- [TASK BRIEF]
Retype word for word the lines of the data below, from the first to the one bearing "length-append [] ys = omega arith", with that one included.

- [DATASET RECORDS]

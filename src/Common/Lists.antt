-- ===== src/Common/Lists.antt =====
-- Lists measured by native numbers, and predicates on their elements.
use Prim.Native.Nat.{ℕ, suc, ◌+◌}
use mathlib.Core.Path.{◌≡◌, refl, ap}
use mathlib.Core.Logic.{◌≢◌, ◌⊎◌, inl, inr}
use mathlib.Core.List.{List, [], ◌∷◌, ◌++◌, map}
use native.Mathlib.Omega.{arith}

module _ {ℓ} {A : Type ℓ} where
  abbrev pub length : List A → ℕ
  length [] = 0
  length (_ ∷ xs) = suc (length xs)

  pub length-append : (xs ys : List A) → length (xs ++ ys) ≡ length xs + length ys
  length-append [] ys = omega arith
  length-append (_ ∷ xs) ys = omega (arith, length-append xs ys)

pub length-map {ℓ κ} :
    {A : Type ℓ} {B : Type κ} (f : A → B) (xs : List A) → length (map f xs) ≡ length xs
length-map f [] = refl
length-map f (_ ∷ xs) = ap suc (length-map f xs)

module _ {ℓ κ} {A : Type ℓ} (P : A → Type κ) where
  abbrev pub All : List A → Type κ
  All [] = Unit
  All (x ∷ xs) = P x × All xs

  pub All-append : (xs ys : List A) → All xs → All ys → All (xs ++ ys)
  All-append [] ys _ hy = hy
  All-append (x ∷ xs) ys (px, hx) hy = (px, All-append xs ys hx hy)

-- The elements of two lists of one length are related, position by position.
module _ {ℓ κ} {A : Type ℓ} {B : Type κ} (R : A → B → Type 0) where
  abbrev pub All₂ : List A → List B → Type 0
  All₂ [] [] = Unit
  All₂ (x ∷ xs) (y ∷ ys) = R x y × All₂ xs ys
  All₂ _ _ = ⊥

-- No element is `a`.
abbrev pub Lacks {ℓ} : {A : Type ℓ} → A → List A → Type ℓ
Lacks a = All (λ x. x ≢ a)

-- `a` is one of the elements.
module _ {A : Type 0} (a : A) where
  abbrev pub Elem : List A → Type 0
  Elem [] = ⊥
  Elem (x ∷ xs) = (a ≡ x) ⊎ Elem xs

  pub Elem-append : (xs ys : List A) → (Elem xs ⊎ Elem ys) → Elem (xs ++ ys)
  Elem-append [] ys (inl h) = absurd h
  Elem-append [] ys (inr h) = h
  Elem-append (x ∷ xs) ys (inl (inl h)) = inl h
  Elem-append (x ∷ xs) ys (inl (inr h)) = inr (Elem-append xs ys (inl h))
  Elem-append (x ∷ xs) ys (inr h) = inr (Elem-append xs ys (inr h))
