-- ===== src/Common/Results.antt =====
-- Results of Go functions: a value, an `error`, or a panic.
use mathlib.Core.Path.{◌≡◌, refl}
use mathlib.Core.Logic.{◌⊎◌, inl, inr}

-- `E` is the type of the errors that the function returns.
pub data Result {ℓ} (E : Type 0) (A : Type ℓ) : Type ℓ where
  ok : A → Result E A
  err : E → Result E A
  -- A nil pointer or a nil interface was used.
  panic : Result E A

module _ {E : Type 0} where
  infixl 5 ◌>>=◌
  abbrev pub ◌>>=◌ {ℓ κ} : {S : Type ℓ} {T : Type κ} → Result E S → (S → Result E T) → Result E T
  panic >>= next = panic
  err why >>= next = err why
  ok s >>= next = next s

  -- A call chain that succeeds has succeeded at its first call.
  pub >>=-eq-ok {ℓ κ} :
      {S : Type ℓ} {T : Type κ} (r : Result E S) (next : S → Result E T) {t : T}
      (whole : (r >>= next) ≡ ok t)
      → (s : S) × (r ≡ ok s) × (next s ≡ ok t)
  >>=-eq-ok panic next whole = cc
  >>=-eq-ok (err why) next whole = cc
  >>=-eq-ok (ok s) next whole = (s, refl, whole)

-- `fmt.Errorf("…: %s", err)`: the error of a call, wrapped by its caller.
abbrev pub wrap {ℓ} : {E F : Type 0} {A : Type ℓ} → (E → F) → Result E A → Result F A
wrap f (ok a) = ok a
wrap f (err e) = err (f e)
wrap f panic = panic

pub ok-injective {ℓ} :
    {E : Type 0} {A : Type ℓ} {a b : A} → ◌≡◌ {A = Result E A} (ok a) (ok b) → a ≡ b
ok-injective h = cc

pub Result-cases {ℓ} :
    {E : Type 0} {A : Type ℓ} (r : Result E A)
    → ((a : A) × (r ≡ ok a)) ⊎ ((e : E) × (r ≡ err e)) ⊎ (r ≡ panic)
Result-cases (ok a) = inl (a, refl)
Result-cases (err e) = inr (inl (e, refl))
Result-cases panic = inr (inr refl)

-- If there is a value, it has the property.
module _ {E : Type 0} {A : Type 0} (P : A → Type 0) where
  abbrev pub OkWith : Result E A → Type 0
  OkWith (ok a) = P a
  OkWith (err e) = Unit
  OkWith panic = Unit

  pub OkWith-ok : {r : Result E A} {a : A} → r ≡ ok a → OkWith r → P a
  OkWith-ok h p = rw h at p

abbrev pub NoPanic {ℓ} : {E : Type 0} {A : Type ℓ} → Result E A → Type 0
NoPanic (ok a) = Unit
NoPanic (err e) = Unit
NoPanic panic = ⊥

pub NoPanic-ne {ℓ} :
    {E : Type 0} {A : Type ℓ} (r : Result E A) → NoPanic r → ◌≡◌ {A = Result E A} r panic → ⊥
NoPanic-ne (ok a) h = λ e. cc
NoPanic-ne (err e) h = λ e. cc
NoPanic-ne panic h = absurd h

pub wrap-NoPanic {ℓ} :
    {E F : Type 0} {A : Type ℓ} (f : E → F) (r : Result E A) → NoPanic r → NoPanic (wrap f r)
wrap-NoPanic f (ok a) h = tt
wrap-NoPanic f (err e) h = tt
wrap-NoPanic f panic h = h
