-- ===== src/Text.antt =====
-- Go strings as lists of bytes, and the functions of `strings`, `fmt` and `path/filepath` that the
-- program calls on them. Letters and spaces are those of ASCII.
pub mod Prefix
pub mod Split
pub mod Path
use Prim.Native.Char.{code}
use Prim.Native.String.{String}
use mathlib.Core.Logic.{ite}
use native.Mathlib.Decide.{ℕ_discrete}
use jettison_controller.Common.{
  ℕ, zero, suc, ◌+◌, ◌-◌, ◌/◌, ◌%◌, Bool, true, false, ◌&&◌, List, [], ◌∷◌, ◌++◌, Option, none,
  some, length, map, ltb, leb, eqb, if◌then◌else◌,
}

abbrev pub Str : Type 0
Str = List ℕ

-- The bytes of an ASCII literal.
unfoldable pub codes : String → Str
codes String.[] = []
codes (String.◌∷◌ c s) = code c ∷ codes s

-- Shut in proofs, where a split on `s == t` yields the equation or its negation.
unfoldable pub Str-discrete : Discrete Str
unfolding ℕ_discrete
Str-discrete = hlevel ℕ_discrete

infix 50 ◌==◌
abbrev pub ◌==◌ : Str → Str → Bool
s == t = ite (Str-discrete s t) true false

-- `slices.Contains`, and membership in a `map[string]bool` that only ever gains keys.
abbrev pub contains : List Str → Str → Bool
contains [] a = false
contains (x ∷ xs) a = if a == x then true else contains xs a

abbrev pub slash : ℕ
slash = b'/'

-- `strings.HasPrefix(s, prefix)`
unfoldable pub has_prefix : Str → Str → Bool
has_prefix s [] = true
has_prefix [] (_ ∷ _) = false
has_prefix (c ∷ s) (p ∷ prefix) = eqb c p && has_prefix s prefix

-- `strings.CutPrefix(s, prefix)`; `none` is a result that was not found.
unfoldable pub cut_prefix : Str → Str → Option Str
cut_prefix s [] = some s
cut_prefix [] (_ ∷ _) = none
cut_prefix (c ∷ s) (p ∷ prefix) = if eqb c p then cut_prefix s prefix else none

-- The text before the suffix.
unfoldable pub cut_suffix : Str → Str → Option Str
cut_suffix [] suffix = if [] == suffix then some [] else none
cut_suffix (c ∷ s) suffix =
    let rest = cut_suffix s suffix in
    if (c ∷ s) == suffix then some [] else elim rest [ none ↦ none | some r ↦ some (c ∷ r) ]

-- `strings.TrimSuffix(s, suffix)`
unfoldable pub trim_suffix : Str → Str → Str
unfolding cut_suffix
trim_suffix s suffix = elim (cut_suffix s suffix) [ none ↦ s | some r ↦ r ]

-- The parts of a text, with one more byte in front of the first.
abbrev extend_first : ℕ → List Str → List Str
extend_first c [] = (c ∷ []) ∷ []
extend_first c (p ∷ ps) = (c ∷ p) ∷ ps

-- `strings.Split(s, sep)` for a separator of one byte.
unfoldable pub split : Str → ℕ → List Str
split [] sep = [] ∷ []
split (c ∷ s) sep = let rest = split s sep in if eqb c sep then [] ∷ rest else extend_first c rest

-- `strings.Join(parts, sep)`
unfoldable pub join : List Str → Str → Str
join [] sep = []
join (p ∷ []) sep = p
join (p ∷ q ∷ ps) sep = p ++ (sep ++ join (q ∷ ps) sep)

-- `skip` bytes of an occurrence are still to be passed over.
replace_from : Str → Str → Str → ℕ → Str
replace_from [] old new skip = []
replace_from (c ∷ s) old new (suc skip) = replace_from s old new skip
replace_from (c ∷ s) old new zero =
    let found = has_prefix (c ∷ s) old in
    (if found then new else c ∷ []) ++ replace_from s old new (if found then length old - 1 else 0)

-- `strings.ReplaceAll(s, old, new)` for a text `old` that is not empty.
unfoldable pub replace_all : Str → Str → Str → Str
unfolding replace_from has_prefix
replace_all s old new = replace_from s old new 0

-- `strings.ToLower(s)`
unfoldable pub to_lower : Str → Str
to_lower = map (λ c. if leb b'A' c && leb c b'Z' then c + 32 else c)

-- Whether a byte is one of a cutset.
abbrev pub one_of : Str → ℕ → Bool
one_of [] c = false
one_of (x ∷ xs) c = if eqb c x then true else one_of xs c

-- `strings.TrimLeft(s, cutset)` and `strings.TrimRight(s, cutset)`
unfoldable pub trim_left : Str → Str → Str
trim_left [] cutset = []
trim_left (c ∷ s) cutset = let rest = trim_left s cutset in if one_of cutset c then rest else c ∷ s

abbrev cons_unless : Bool → ℕ → Str → Str
cons_unless drop c [] = if drop then [] else c ∷ []
cons_unless drop c (d ∷ s) = c ∷ d ∷ s

unfoldable pub trim_right : Str → Str → Str
trim_right [] cutset = []
trim_right (c ∷ s) cutset = cons_unless (one_of cutset c) c (trim_right s cutset)

-- `strings.Trim(s, cutset)`
unfoldable pub trim : Str → Str → Str
unfolding trim_left trim_right
trim s cutset = trim_right (trim_left s cutset) cutset

-- `strings.TrimSpace(s)`
unfoldable pub trim_space : Str → Str
unfolding trim
trim_space s = trim s (b' ' ∷ 9 ∷ 10 ∷ 11 ∷ 12 ∷ 13 ∷ [])

-- One more byte in front of a path that is split into directory and file.
abbrev pub extend_path : ℕ → Str → Str → Str × Str
extend_path c [] file = if eqb c slash then (c ∷ [], file) else ([], c ∷ file)
extend_path c (d ∷ dir) file = (c ∷ d ∷ dir, file)

-- `filepath.Split(path)`: the directory ends with the last slash of the path.
unfoldable pub split_path : Str → Str × Str
split_path [] = ([], [])
split_path (c ∷ s) = let (dir, file) = split_path s in extend_path c dir file

digits : ℕ → ℕ → Str
digits zero n = []
digits (suc fuel) n =
    let more = digits fuel (n / 10) in (if ltb n 10 then [] else more) ++ ((b'0' + n % 10) ∷ [])

-- `fmt.Sprintf("%d", n)`. A number `n` has at most `n + 1` digits.
unfoldable pub decimal : ℕ → Str
unfolding digits
decimal n = digits (suc n) n
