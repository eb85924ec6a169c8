-- ===== src/GitUtil.antt =====
-- internal/gitutil/gitutil.go: the organisation and the name in the URL of a GitHub repository.
pub mod Laws
mod Tests
use jettison_controller.Common.{ℕ, List, [], ◌∷◌, ◌++◌, none, some}
use jettison_controller.Common.Results.{Result, ok, err}
use jettison_controller.Text.{Str, codes, slash, cut_prefix, trim_suffix, split}

abbrev pub git_prefix : Str
git_prefix = codes "https://github.com/"

abbrev pub git_suffix : Str
git_suffix = codes ".git"

-- The errors, with the URL that they print.
pub data GitError : Type 0 where
  invalid_prefix : Str → GitError
  invalid_path : Str → GitError

-- The test on the number of parts, and the two results.
org_and_name : Str → List Str → Result GitError (Str × Str)
org_and_name repo_url (repo_org ∷ repo_name ∷ []) = ok (repo_org, repo_name)
org_and_name repo_url _ = err (invalid_path repo_url)

unfoldable pub get_repo_org_name : Str → Result GitError (Str × Str)
unfolding org_and_name
get_repo_org_name url =
    let repo_url = trim_suffix url git_suffix in
    elim (cut_prefix repo_url git_prefix) [
      | none ↦ err (invalid_prefix repo_url)
      | some repo_path ↦ org_and_name repo_url (split repo_path slash)
    ]

unfoldable pub get_source_repo_glob : Str → Str
get_source_repo_glob repo_org = git_prefix ++ (repo_org ++ codes "/*")
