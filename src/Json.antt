-- ===== src/Json.antt =====
-- JSON values, and how `json.Unmarshal` stores them in the fields of a Go struct. The text of a
-- message is taken as parsed: a `RawMessage` is a value.
pub mod Laws
use jettison_controller.Common.{Bool, List, [], ◌∷◌, Option, none, some, if◌then◌else◌}
use jettison_controller.Text.{Str, ◌==◌, to_lower}

mutual
  pub data Json : Type 0 where
    null : Json
    bool : Bool → Json
    -- The digits of a number.
    number : Str → Json
    string : Str → Json
    array : Items → Json
    object : Fields → Json

  pub data Items : Type 0 where
    nil : Items
    cons : Json → Items → Items

  pub data Fields : Type 0 where
    end : Fields
    field : Str → Json → Fields → Fields

-- Keys are compared without regard to case.
abbrev pub is_key : Str → Str → Bool
is_key name key = to_lower key == to_lower name

-- Into a `string`: null leaves the field as it is, and another type is an error.
abbrev pub into_string : Json → Str → Option Str
into_string (string s) old = some s
into_string null old = some old
into_string _ old = none

-- Into a `*string`: null stores nil.
abbrev pub into_pointer : Json → Option (Option Str)
into_pointer (string s) = some (some s)
into_pointer null = some none
into_pointer _ = none

-- Into a `*bool`.
abbrev pub into_flag : Json → Option (Option Bool)
into_flag (bool b) = some (some b)
into_flag null = some none
into_flag _ = none

module _ {A : Type 0} (element : Json → Option A) where
  -- The elements of an array; one that does not fit makes the whole an error.
  unfoldable pub into_elements : Items → Option (List A)
  into_elements nil = some []
  into_elements (cons j js) = elim (element j) [
    | none ↦ none
    | some a ↦ elim (into_elements js) [ none ↦ none | some rest ↦ some (a ∷ rest) ]
  ]

  -- Into a slice: null stores nil, which is `none`.
  abbrev pub into_slice : Json → Option (Option (List A))
  into_slice (array js) = elim (into_elements js) [
    | none ↦ none
    | some elements ↦ some (some elements)
  ]
  into_slice null = some none
  into_slice _ = none

-- Into a struct. `store` puts the value of one key in its field, and leaves the struct as it is at
-- a key that is no field. The keys are stored in the order of the text, so a later one wins.
module _ {S : Type 0} (store : Str → Json → S → Option S) where
  pub store_fields : Fields → S → Option S
  store_fields end s = some s
  store_fields (field key value fields) s = elim (store key value s) [
    | none ↦ none
    | some s' ↦ store_fields fields s'
  ]

  unfoldable pub into_struct : Json → S → Option S
  unfolding store_fields
  into_struct (object fields) s = store_fields fields s
  into_struct null s = some s
  into_struct _ s = none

- [ANSWER SECTION]
filename src/Common/Lists.antt
-- ===== src/Common/Lists.antt =====
-- Lists measured by native numbers, and predicates on their elements.
use Prim.Native.Nat.{ℕ, suc, ◌+◌}
use mathlib.Core.Path.{◌≡◌, refl, ap}
use mathlib.Core.Logic.{◌≢◌, ◌⊎◌, inl, inr}
use mathlib.Core.List.{List, [], ◌∷◌, ◌++◌, map}
use native.Mathlib.Omega.{arith}

module _ {ℓ} {A : Type ℓ} where
  abbrev pub length : List A → ℕ
  length [] = 0
  length (_ ∷ xs) = suc (length xs)

  pub length-append : (xs ys : List A) → length (xs ++ ys) ≡ length xs + length ys
  length-append [] ys = omega arith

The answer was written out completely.